Citation665 F.Supp.2d 1273
PartiesRonnie HOGAN, Plaintiff, v. PROVIDENT LIFE AND ACCIDENT INSURANCE COMPANY, and Unum Group Corporation, Defendants.
CourtU.S. District Court — Middle District of Florida

Mark A. Nation, The Nation Law Firm, Longwood, FL, for Plaintiff.

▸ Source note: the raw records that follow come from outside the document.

-- ===== src/Auth/Usecase/Expiry.antt =====
-- How long a session lives.
use python_react_template.Prelude.{◌≡◌}
use python_react_template.Store.Rows.{AuthSession}
use python_react_template.Auth.Settings.{AuthSettings}
use python_react_template.Auth.Issuer.{calculate_session_expiry}

-- The expiry is the one that the times of the session give.
abbrev pub IsTimed : AuthSettings → AuthSession → Type 0
IsTimed settings s = s.expires_at ≡ calculate_session_expiry settings s.issued_at s.last_seen_at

Timon V. Sullivan, Wm. Jere Tolton, III, Ogden & Sullivan, PA, Tampa, FL, for Defendants.

ORDER

PATRICIA C. FAWSETT, District Judge.

This case comes before the Court on the following:

1. Consolidated Motion to Dismiss First Amended Complaint for Failure to State a Claim or, in the Alternative, Motion for Judgment on the Pleadings by Defendants Provident Life and Accident Insurance Company and Unum Group Corporation (Doc. No. 46, filed Aug. 17, 2009); and

2. Response to Motion to Dismiss by Plaintiff Ronnie Hogan (Doc. No. 49, filed Sept. 10, 2009).

Background1

This action, brought in federal court pursuant to its diversity jurisdiction, concerns the Long Term Disability Insurance Policy which covered the Plaintiff and was provided by Defendant Provident Life and Accident Insurance Company ("Provident"). (Doc. No. 42, filed Nov. 10, 2008, ¶ 4.) In October of 2001, Defendant Provident began paying Plaintiff Hogan long term disability benefits. (Id. ¶ 6.) Provident discontinued payments to Hogan on or about February 29, 2004. (Id. ¶ 9.) On August 27, 2006, Hogan sued Provident for reimbursement of past due disability payments. (Id. ¶ 10.) Provident answered Hogan's complaint, claiming that he was no longer disabled and therefore no longer entitled to disability benefits under the policy. (Id. ¶ 11.) On June 27, 2007, Hogan submitted a Civil Remedy Notice of Insurer Violation to the Florida Department of Financial Services as required by statute. (Id. ¶ 12.) In response, Provident again stated that Hogan was no longer disabled and thus not entitled to benefits under the policy. (Id. ¶ 13.) Nevertheless, on January 30, 2008, Provident confessed judgment and paid the benefits demanded by Hogan. (Id. ¶ 15.)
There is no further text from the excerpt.